Our security escort, a few car lengths behind us, had obviously not seen the bird, and a second later they were pulled up beside us, frantically asking what was wrong, what had happened, what we were doing. Beside us, that is to say, blocking the bird. Our answers were even more frantic, and when we were finally able to make them understand what we were seeing, they generously offered to put a light on the potoo for us.

Regrettably, the only illumination they found to cast on the scene was the blue-and-reds on the roof of their SUV, so for precious seconds we saw the bird in the strobe flashes of police lights. At least the siren didn’t come on, though if it had, at least I wouldn’t have been able to hear someone, unnamed, humming an ABBA tune from the back seat.

Share

Longspurs 3, Owls 2

It was a perfect prairie homecoming today. Gary, Chris, Mark, and Molly discovered a Lapland Longspur yesterday on the Sonoita grasslands near Elgin, and there was no way I couldn’t look for that bird, a species with fewer than 20 records ever for southeast Arizona.

So Darlene and I bumped across the pastures on a dramatically windy afternoon, finding the described site and, a pleasant surprise indeed, Erika and Marjorie hunkered down in the lee of a stock tank. A couple of hundred Horned Larks were feeding among the cowpies, and goodly numbers of Chestnut-collared Longspurs joined them, their musical little chirrups chiming each time the flock shifted position.

Most of the Chestnut-collareds were females or drab males, but a few were showing the black of breeding dress concealed beneath their pale feather edges.

I was particularly excited to find at least 4 McCown’s Longspurs in the flock, a bird I know well from its breeding grounds in northwest Nebraska but one I have rarely seen in winter; it was outstanding to see them with the Chestnut-collareds and to firm up my shaky impressions of their face pattern and bill shape.

Marjorie and Erika had been holding down the fort long enough to be cold in the biting wind, so they headed out. Darlene and I continued scoping the flock, and 45 minutes later a dazzlingly bright male Lapland Longspur appeared. He fed among the grasses and the cowpatties for a good 20 minutes, apparently unaware of how intensely he was being admired. Gary has posted beautiful photos of the bird at azfo.org, but I was reduced to a miserably poor effort at digiscoping; still, the bird is identifiable as it peeks over the cowflop in the glare of a shakily held camera.

Well, maybe ‘identifiable’ was an exaggeration, but he’s in there!

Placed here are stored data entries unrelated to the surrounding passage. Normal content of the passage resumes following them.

-- ===== src/Backend/Closing.antt =====
-- `close` of src/OPC-UA-Backend.cc comes to an end, with the thread joined.
use device_access_opc_ua_bac.Prelude.{
  ◌&&◌, Bool, ℕ, true, false, ◌≡◌, refl, List, [], ◌∷◌, none, arith, sym, All, subst,
}
use device_access_opc_ua_bac.System.{System, DataValue, Thread, null, running, returned, when}
use device_access_opc_ua_bac.System.Returns.{Returns, Returns-bind, Returns-when, Returns-if}
use device_access_opc_ua_bac.Subscription.{
  subscription_ends-set_inactive, DeleteAnswer, deleted_with_callback, deleted_silently,
  delete_single, subscription_ends, set_inactive, reset_monitored_items, remove_subscription,
  deactivate, response_handler,
}
use device_access_opc_ua_bac.Subscription.Worker.{
  Round, finish_client, run_client, join, stop_client_thread,
}
use device_access_opc_ua_bac.Subscription.Deactivation.{
  AtRest, deactivate-AtRest, IsQuiet, IsQuietAt, response-IsQuiet,
}
use device_access_opc_ua_bac.Subscription.Pointers.{addresses}
use device_access_opc_ua_bac.Subscription.Pointers.Roster.{Inv}
use device_access_opc_ua_bac.Subscription.Pointers.Joins.{run_loop_idle}
use device_access_opc_ua_bac.Callbacks.{
  ClientEvent, state_change, inactivity, subscription_deleted, data_change, lost_connection,
  state_callback, is_silent, inactivity_callback, handle, handle_all,
}
use device_access_opc_ua_bac.Backend.{ResetAnswer, reset_manager, reset_client, close_device}

-- No item is mapped, no subscription is active, and no loop goes on.
abbrev pub Stopped : System → Type 0
Stopped t =
    ((t.registered ≡ true) × (t.run ≡ false))
    × ((t.subscription_map ≡ []) × (t.subscription_active ≡ false))

abbrev pub Closed : System → Type 0
Closed t = Stopped t × (t.thread ≡ null)

delete_single-Stopped :
    (d : DeleteAnswer) (s : System) → Stopped s → Returns Stopped (delete_single d s)
unfolding delete_single subscription_ends set_inactive
delete_single-Stopped deleted_silently s h = h
delete_single-Stopped deleted_with_callback s h =
    rw (subscription_ends-set_inactive s, Returns)
      (Returns-when Stopped (s.has_manager && s.registered) set_inactive s (λ _. h)
        (λ _. (h.0, (h.1.0, refl))))

remove_subscription-Stopped :
    (d : DeleteAnswer) (s : System) → Stopped s → Returns Stopped (remove_subscription d s)
unfolding remove_subscription reset_monitored_items
remove_subscription-Stopped d s h =
    Returns-bind Stopped Stopped (delete_single d) _ s (delete_single-Stopped d s h)
      (λ _ t k. (k.0, (refl, k.1.1)))

finish_client-Stopped :
    (d : DeleteAnswer) (s : System) → Stopped s → Returns Stopped (finish_client d s)
unfolding finish_client
finish_client-Stopped d s h =
    Returns-bind Stopped Stopped (when s.subscription_needs_to_be_removed _) _ s
      (Returns-when Stopped s.subscription_needs_to_be_removed _ s (λ _. h)
        (λ _.
          Returns-bind Stopped Stopped (remove_subscription d) _ s
            (remove_subscription-Stopped d s h) (λ _ t k. k)))
      (λ _ t k. ((k.0.0, refl), k.1))

run_client-Stopped :
    (rs : List Round) (d : DeleteAnswer) (s : System)
    → Stopped s
    → Returns Stopped (run_client rs d s)
unfolding run_client
run_client-Stopped rs d s h =
    rw (run_loop_idle (addresses s.items.cells) rs s h.0.1, Returns) (finish_client-Stopped d s h)

join-Closed :
    (th : Thread) (rounds : List Round) (d : DeleteAnswer) (s : System)
    → s.thread ≡ th
    → Stopped s
    → Returns Closed (join th rounds d s)
unfolding join
join-Closed null rounds d s e h = (h, e)
join-Closed returned rounds d s e h = (h, refl)
join-Closed running rounds d s e h =
    Returns-bind Stopped Closed (run_client rounds d) _ s (run_client-Stopped rounds d s h)
      (λ _ t k. (k, refl))

quiet_handler :
    (id : ℕ) (v : DataValue) (s : System) → Closed s → Returns Closed (response_handler id v s)
quiet_handler id v s h =
    let quiet : IsQuiet s = subst (All (IsQuietAt s.items)) (sym h.0.1.0) tt in
    rw (response-IsQuiet id v s quiet, Returns) h

pub lost_connection_idle : (s : System) → s.run ≡ false → lost_connection s ≡ true → ⊥
unfolding lost_connection
lost_connection_idle s off on = ground arith

is_silent_idle : (f : Bool) (id : ℕ) (s : System) → s.run ≡ false → is_silent f id s ≡ true → ⊥
unfolding is_silent
is_silent_idle f id s off on = ground arith

handle-Closed : (e : ClientEvent) (s : System) → Closed s → Returns Closed (handle e s)
unfolding handle state_callback inactivity_callback set_inactive
handle-Closed (state_change c n d) s h =
    Returns-when Closed s.registered _ s (λ _. h)
      (λ _.
        let t : System = record s { channel_state = c; session_state = n } in
        Returns-when Closed (lost_connection t) _ t (λ _. h)
          (λ on. absurd (lost_connection_idle t h.0.0.1 on)))
handle-Closed (inactivity f id d) s h =
    Returns-if Closed s.registered _ _ s
      (λ _.
        Returns-when Closed (is_silent f id s) _ s (λ _. h)
          (λ on. absurd (is_silent_idle f id s h.0.0.1 on)))
      (λ off. cc (off, h.0.0.0))
handle-Closed subscription_deleted s h =
    rw (subscription_ends-set_inactive s, Returns)
      (Returns-when Closed (s.has_manager && s.registered) set_inactive s (λ _. h)
        (λ _. ((h.0.0, (h.0.1.0, refl)), h.1)))
handle-Closed (data_change id v) s h = quiet_handler id v s h

pub handle_all-Closed :
    (es : List ClientEvent) (s : System) → Closed s → Returns Closed (handle_all es s)
unfolding handle_all
handle_all-Closed [] s h = h
handle_all-Closed (e ∷ es) s h =
    Returns-bind Closed Closed (handle e) (λ _. handle_all es) s (handle-Closed e s h)
      (λ _ t k. handle_all-Closed es t k)

reset_manager-Closed :
    (ans : ResetAnswer) (s : System) → Inv s → Returns Closed (reset_manager ans s)
unfolding reset_manager reset_monitored_items stop_client_thread
reset_manager-Closed ans s h =
    Returns-bind (λ t. AtRest (addresses s.items.cells) none t × (t.async_read_active ≡ false))
      Closed (deactivate ans.deletion) _ s
      (deactivate-AtRest (addresses s.items.cells) none ans.deletion s h)
      (λ _ t q.
        join-Closed t.thread ans.rounds ans.final_deletion _ refl
          ((q.0.0.0.0.1.1, q.0.0.1), (refl, q.0.1)))

-- The reset of the client does so, too.
pub reset_client-Closed :
    (ans : ResetAnswer) (s : System)
    → Inv s
    → s.has_manager ≡ true
    → Returns Closed (reset_client ans s)
unfolding reset_client
reset_client-Closed ans s h has =
    Returns-bind Closed Closed (when s.has_manager (reset_manager ans)) _ s
      (Returns-when Closed s.has_manager (reset_manager ans) s (λ off. cc (off, has))
        (λ _. reset_manager-Closed ans s h))
      (λ _. handle_all-Closed ans.disconnect_events)

-- `close` of a device with a subscription manager returns, whatever the server answers and the
-- client reports: it throws nothing and waits for no thread that goes on. The thread is joined then,
-- no item is mapped, and no subscription is active.
pub close_device-Closed :
    (ans : ResetAnswer) (s : System)
    → Inv s
    → s.has_manager ≡ true
    → Returns Closed (close_device ans s)
unfolding close_device
close_device-Closed ans s h has = reset_client-Closed ans (record s { opened = false }) h has
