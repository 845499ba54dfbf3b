-- ===== src/Crud/Guid/Laws.antt =====
-- The identity of an object on the wire, and the order of identities (C/src/dcrud/GUID.c).
use dcrud.Base.{
  ℕ, ◌+◌, ◌^◌, ◌%◌, ◌<◌, ◌≤◌, ◌≡◌, ==_true, refl, sym, ap, ap₂, subst, ◌∙◌, Bool, true, some, List,
  [], ◌++◌, length, append-nil, length-append, arith,
}
use Prim.Native.Nat.{compare}
use mathlib.Core.List.{append_assoc}
use dcrud.Util.Status.{no_error}
use dcrud.Coll.Compare.{Ordering}
use dcrud.Io.ByteBuffer.{Buffer, clear, flip, Order}
use dcrud.Io.ByteBuffer.Numbers.{put_uint, get_uint}
use dcrud.Io.ByteBuffer.Words.{wire, length-wire, swap32-IsSwap}
use dcrud.Io.ByteBuffer.Streams.{
  Fits, append, advance, append-append, unread, unread_rest, unread-Fits,
}
use dcrud.Io.ByteBuffer.Wire.{
  IsOpen, append-IsOpen, advance-IsOpen, put_word-append, get_word-advance, order-append,
  order-advance, Fits-append,
}
use dcrud.Io.ByteBuffer.RoundTrip.{advance-advance}
use dcrud.Io.ByteBuffer.Exchange.{
  clear-open, clear-IsOpen, cleared, holding, flip-holding, holding-IsOpen, unread-holding,
}
use dcrud.Coll.Compare.{or_else}
use dcrud.Crud.Guid
use dcrud.Crud.Guid.{Guid, guid_magic, written_over}

-- The fields of an object are 32-bit numbers, and its magic number is right.
pub record IsValid (g : Guid) : Type 0 where
  pub genuine : g.magic ≡ guid_magic
  pub publisher_fits : g.publisher < 256 ^ 4
  pub instance_fits : g.instance < 256 ^ 4

abbrev pub encoding : Order → Guid → List ℕ
encoding order g = wire order 4 g.publisher ++ wire order 4 g.instance

pub length-encoding : (order : Order) (g : Guid) → length (encoding order g) ≡ 8
length-encoding order g = omega (
  arith,
  length-append (wire order 4 g.publisher) (wire order 4 g.instance),
  length-wire order 4 g.publisher,
  length-wire order 4 g.instance,
)

module _ {g : Guid} (v : IsValid g) where
  -- `dcrudGUID_serialize` puts the publisher and the instance, if both fit.
  pub serialize-append :
      (host_big : Bool) {b : Buffer}
      → IsOpen b
      → Fits b 8
      → Guid.serialize host_big (some g) (some b) ≡ (no_error, some (append b (encoding b.order g)))
  unfolding Guid.serialize put_uint
  serialize-append host_big {b} o h =
      let w = wire b.order 4 g.publisher in
      let l = length-wire b.order 4 g.publisher in
      let o' = append-IsOpen w o (omega (arith, l)) in
      let room : Fits (append b w) 4 = Fits-append b w 4 (omega (arith, l)) in
      rw
        (
          ==_true g.magic guid_magic v.genuine,
          put_word-append o swap32-IsSwap (omega arith) host_big g.publisher v.publisher_fits
              (omega arith),
          put_word-append o' swap32-IsSwap (omega arith) host_big g.instance v.instance_fits room,
          Guid.serialize,
        )
        (ap (λ order. (no_error, some (append (append b w) (wire order 4 g.instance))))
            (order-append b w)
          ∙ ap (λ c. (no_error, some c)) (append-append b w (wire b.order 4 g.instance)))

  pub unserialize-advance :
      (host_big : Bool) {b : Buffer} (rest : List ℕ)
      → IsOpen b
      → unread b ≡ encoding b.order g ++ rest
      → Guid.unserialize host_big true true (some b) ≡ (no_error, some g, some (advance b 8))
  unfolding Guid.unserialize Guid.new get_uint
  unserialize-advance host_big {b} rest o e =
      let w = wire b.order 4 g.publisher in
      let l = length-wire b.order 4 g.publisher in
      let e1 : unread b ≡ w ++ (wire b.order 4 g.instance ++ rest) =
        e ∙ append_assoc w (wire b.order 4 g.instance) rest in
      let fits : Fits b 4 = subst (λ n. Fits b n) l (unread-Fits w _ o.valid e1) in
      let o' = advance-IsOpen 4 o fits in
      let e2 : unread (advance b 4) ≡ wire b.order 4 g.instance ++ rest =
        subst (λ n. unread (advance b n) ≡ wire b.order 4 g.instance ++ rest) l
          (unread_rest w _ o.valid e1) in
      let e3 : unread (advance b 4) ≡ wire (advance b 4).order 4 g.instance ++ rest =
        e2 ∙ ap (λ order. wire order 4 g.instance ++ rest) (sym (order-advance b 4)) in
      rw
        (
          get_word-advance o swap32-IsSwap (omega arith) host_big g.publisher _ v.publisher_fits e1,
          get_word-advance o' swap32-IsSwap (omega arith) host_big g.instance rest v.instance_fits
              e3,
        )
        (ap₂ (λ m d. (no_error, some (record g { magic = m }), some d)) (sym v.genuine)
          (advance-advance b 4 4))

  -- An identity that one host serializes to a cleared buffer of at least eight bytes is, once the
  -- buffer is flipped, what `dcrudGUID_unserialize` makes on another host with memory for it,
  -- whatever the byte orders of the hosts; both return `no_error`.
  pub serialize-flip-unserialize_guid :
      (sender reader : Bool) {b : Buffer}
      → IsOpen b
      → 8 ≤ b.capacity
      → let (sent_status, sent) = Guid.serialize sender (some g) (clear (some b)).1 in
        let (status, self, _) = Guid.unserialize reader true true (flip sent).1 in
        (sent_status ≡ no_error) × (status ≡ no_error) × (self ≡ some g)
  serialize-flip-unserialize_guid sender reader {b} o k =
      rw put (refl, ap (λ r. r.0) got, ap (λ r. r.1) got)
    where
      enc : List ℕ
      enc = encoding b.order g

      room : length enc ≤ b.capacity
      room = omega (arith, length-encoding b.order g)

      put :
          Guid.serialize sender (some g) (clear (some b)).1
          ≡ (no_error, some (append (cleared b) enc))
      put =
          ap (λ r. Guid.serialize sender (some g) r.1) (clear-open o)
          ∙ serialize-append sender (clear-IsOpen o) (omega arith)

      got :
          Guid.unserialize reader true true (flip (some (append (cleared b) enc))).1
          ≡ (no_error, some g, some (advance (holding b enc) 8))
      got =
          ap (λ r. Guid.unserialize reader true true r.1) (flip-holding o enc room)
          ∙ unserialize-advance reader [] (holding-IsOpen o enc room) (
              unread-holding o enc room
              ∙ sym (append-nil enc)
              ∙ ap (λ order. encoding order g ++ []) (sym (order-append (cleared b) enc)))

-- The instance of a publisher with this number, as a 32-bit number.
abbrev pub numbered : ℕ → ℕ → Guid
numbered publisher instance = record {
  magic = guid_magic;
  publisher = publisher;
  instance = instance % 2 ^ 32;
}

-- The comparator of identities is not an order: for every publisher and every instance there are
-- two more instances such that each is less than the next, and the last is less than the first.
pub compare_to-cycle :
    (publisher first : ℕ)
    → publisher < 2 ^ 32
    → let a = numbered publisher first in
      let b = numbered publisher (first + 1431655766) in
      let c = numbered publisher (first + 2863311532) in
      (Guid.compare_to a b ≡ Ordering.lt)
      × (Guid.compare_to b c ≡ Ordering.lt)
      × (Guid.compare_to c a ≡ Ordering.lt)
unfolding Guid.compare_to
compare_to-cycle publisher first h = (ground arith, ground arith, ground arith)

-- For two identities with the right magic number and 32-bit fields the comparator answers
-- equality exactly if they have the same publisher and the same instance.
pub compare_to-eq-same :
    {g h : Guid}
    → IsValid g
    → IsValid h
    → (Guid.compare_to g h ≡ Ordering.eq → (g.publisher ≡ h.publisher) × (g.instance ≡ h.instance))
      × ((g.publisher ≡ h.publisher) × (g.instance ≡ h.instance)
          → Guid.compare_to g h ≡ Ordering.eq)
unfolding Guid.compare_to
compare_to-eq-same v w = ((λ e. (ground arith, ground arith)), (λ e. ground arith))

-- The comparator orders identities by publisher and then by instance, if the publishers lie less
-- than 2 ^ 31 apart and the instances too.
pub compare_to-eq-or_else :
    {g h : Guid}
    → IsValid g
    → IsValid h
    → g.publisher < h.publisher + 2 ^ 31
    → h.publisher < g.publisher + 2 ^ 31
    → g.instance < h.instance + 2 ^ 31
    → h.instance < g.instance + 2 ^ 31
    → Guid.compare_to g h
      ≡ or_else (compare g.publisher h.publisher) (compare g.instance h.instance)
unfolding Guid.compare_to
compare_to-eq-or_else v w a b c d = ground arith
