-- ===== src/Crud/Arguments/Items.antt =====
-- The arguments of `dcrudArguments` (C/src/dcrud/Arguments.c) that a call can take to another host,
-- and their bytes in a frame.
use dcrud.Base.{
  ℕ, ◌+◌, ◌^◌, ◌*◌, ◌<◌, ◌≡◌, if◌then◌else◌, Bool, false, All, Option, none, some, List, [], ◌∷◌,
  ◌++◌, length,
}
use dcrud.Io.ByteBuffer.{Order}
use dcrud.Io.ByteBuffer.Words.{wire}
use dcrud.Crud.ClassId.{Instance}
use dcrud.Coll.Compare.{string_compare, is_eq}
use dcrud.Crud.ClassId.Order.{Same}
use dcrud.Crud.ClassId.Wire as ClassWire
use dcrud.Crud.Guid.{Guid}
use dcrud.Crud.Guid.Laws as GuidWire
use dcrud.Crud.Arguments.{ArgumentType, Name, Value, code, width, number_value}

pub data Item : Type 0 where
  number : ArgumentType → ℕ → Item
  text : List ℕ → Item
  class_id : Instance → Item
  guid : Guid → Item

-- The types of numbers that the receiver knows; it has no case for a character.
abbrev pub IsNumber : ArgumentType → Type 0
IsNumber ArgumentType.null = ⊥
IsNumber ArgumentType.char = ⊥
IsNumber ArgumentType.string = ⊥
IsNumber ArgumentType.class_id = ⊥
IsNumber ArgumentType.guid = ⊥
IsNumber ArgumentType.shareable = ⊥
IsNumber _ = Unit

-- The size of a number of a type in a frame: of a `bool` one byte is sent.
abbrev pub wire_width : ArgumentType → ℕ
wire_width ArgumentType.boolean = 1
wire_width type = width type

-- The numbers of a type are below this.
abbrev pub bound_of : ArgumentType → ℕ
bound_of ArgumentType.boolean = 256
bound_of type = 256 ^ width type

abbrev pub IsItem : Item → Type 0
IsItem (Item.number type x) = IsNumber type × (x < bound_of type)
IsItem (Item.text s) = length s + 1 < 64 * 1024
IsItem (Item.class_id x) = Unit
IsItem (Item.guid g) = GuidWire.IsValid g

-- The byte that is sent of a `bool` is its first. On a big-endian host that is 0, whatever the `bool`.
abbrev pub IsSentFrom : Bool → Item → Type 0
IsSentFrom host_big (Item.number ArgumentType.boolean x) = host_big ≡ false
IsSentFrom host_big item = Unit

abbrev pub type_of : Item → ArgumentType
type_of (Item.number type x) = type
type_of (Item.text s) = ArgumentType.string
type_of (Item.class_id x) = ArgumentType.class_id
type_of (Item.guid g) = ArgumentType.guid

-- How an item is stored on a host.
abbrev pub value_of : {P : Type 0} → Bool → Item → Value P
value_of host_big (Item.number type x) = number_value host_big (width type) x
value_of host_big (Item.text s) = Value.text s
value_of host_big (Item.class_id x) = Value.class_id (some x)
value_of host_big (Item.guid g) = Value.guid g

-- The bytes of an item, and of an item with its name and its type.
abbrev pub content : Item → Order → List ℕ
content (Item.number type x) order = wire order (wire_width type) x
content (Item.text s) order = wire order 4 (length s) ++ s
content (Item.class_id x) order = ClassWire.encoding x
content (Item.guid g) order = GuidWire.encoding order g

abbrev pub type_bytes : ArgumentType → List ℕ
type_bytes type = 0 ∷ 0 ∷ 0 ∷ code type ∷ []

abbrev pub argument_bytes : Name → Item → Order → List ℕ
argument_bytes key item order =
    (wire order 4 (length key) ++ key) ++ (type_bytes (type_of item) ++ content item order)

abbrev pub arguments_bytes : List (Name × Item) → Order → List ℕ
arguments_bytes [] order = []
arguments_bytes ((key, item) ∷ items) order =
    argument_bytes key item order ++ arguments_bytes items order

-- The type under which the receiver puts a number.
abbrev pub received_type : ArgumentType → ArgumentType
received_type ArgumentType.integer = ArgumentType.unsigned_integer
received_type type = type

-- How an item arrives: integers become unsigned, and a class is the receiver's object of it.
abbrev pub Arrives : Item → Item → Type 0
Arrives (Item.number type x) item = item ≡ Item.number (received_type type) x
Arrives (Item.class_id x) item = (y : Instance) × (item ≡ Item.class_id y) × Same x y
Arrives sent item = item ≡ sent

-- The item under a name.
abbrev pub find : Name → List (Name × Item) → Option Item
find k [] = none
find k ((key, item) ∷ items) = if is_eq (string_compare k key) then some item else find k items

-- The arguments that arrive, one for each that was sent, under the same names.
abbrev pub AllArrive : List (Name × Item) → List (Name × Item) → Type 0
AllArrive [] [] = Unit
AllArrive ((key, item) ∷ items) ((key', arrived) ∷ arriveds) =
    (key' ≡ key) × Arrives item arrived × AllArrive items arriveds
AllArrive [] (_ ∷ _) = ⊥
AllArrive (_ ∷ _) [] = ⊥

-- The items that are put one after the other, the last of them first.
abbrev pub onto : List (Name × Item) → List (Name × Item) → List (Name × Item)
onto [] acc = acc
onto (p ∷ ps) acc = onto ps (p ∷ acc)

-- A name and an item that can be read.
abbrev pub IsReadable : Name × Item → Type 0
IsReadable (key, item) = (length key < 1000) × IsItem item

-- No name is there twice.
abbrev pub DistinctNames : List (Name × Item) → Type 0
DistinctNames [] = Unit
DistinctNames ((key, item) ∷ items) =
    All (λ p. is_eq (string_compare key p.0) ≡ false) items × DistinctNames items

So what to do after that wonderful experience? The clouds and the light over the mountains drew us over to the San Rafael grasslands for dusk. Northern Harriers were gathering to roost, and the last Mourning Doves and Lilian’s Meadowlarks were on the roadsides. It started to rain, then to snow, but like ornithological mailmen, we were undeterred. As we drove the dirt roads slowly in the gloaming, we flushed first one, then another, then a total of at least four Short-eared Owls. Our last bird of the day was a Burrowing Owl, standing on the road in front of the car, bobbing slightly on its stilt-like legs before it too lost itself in the tall grass.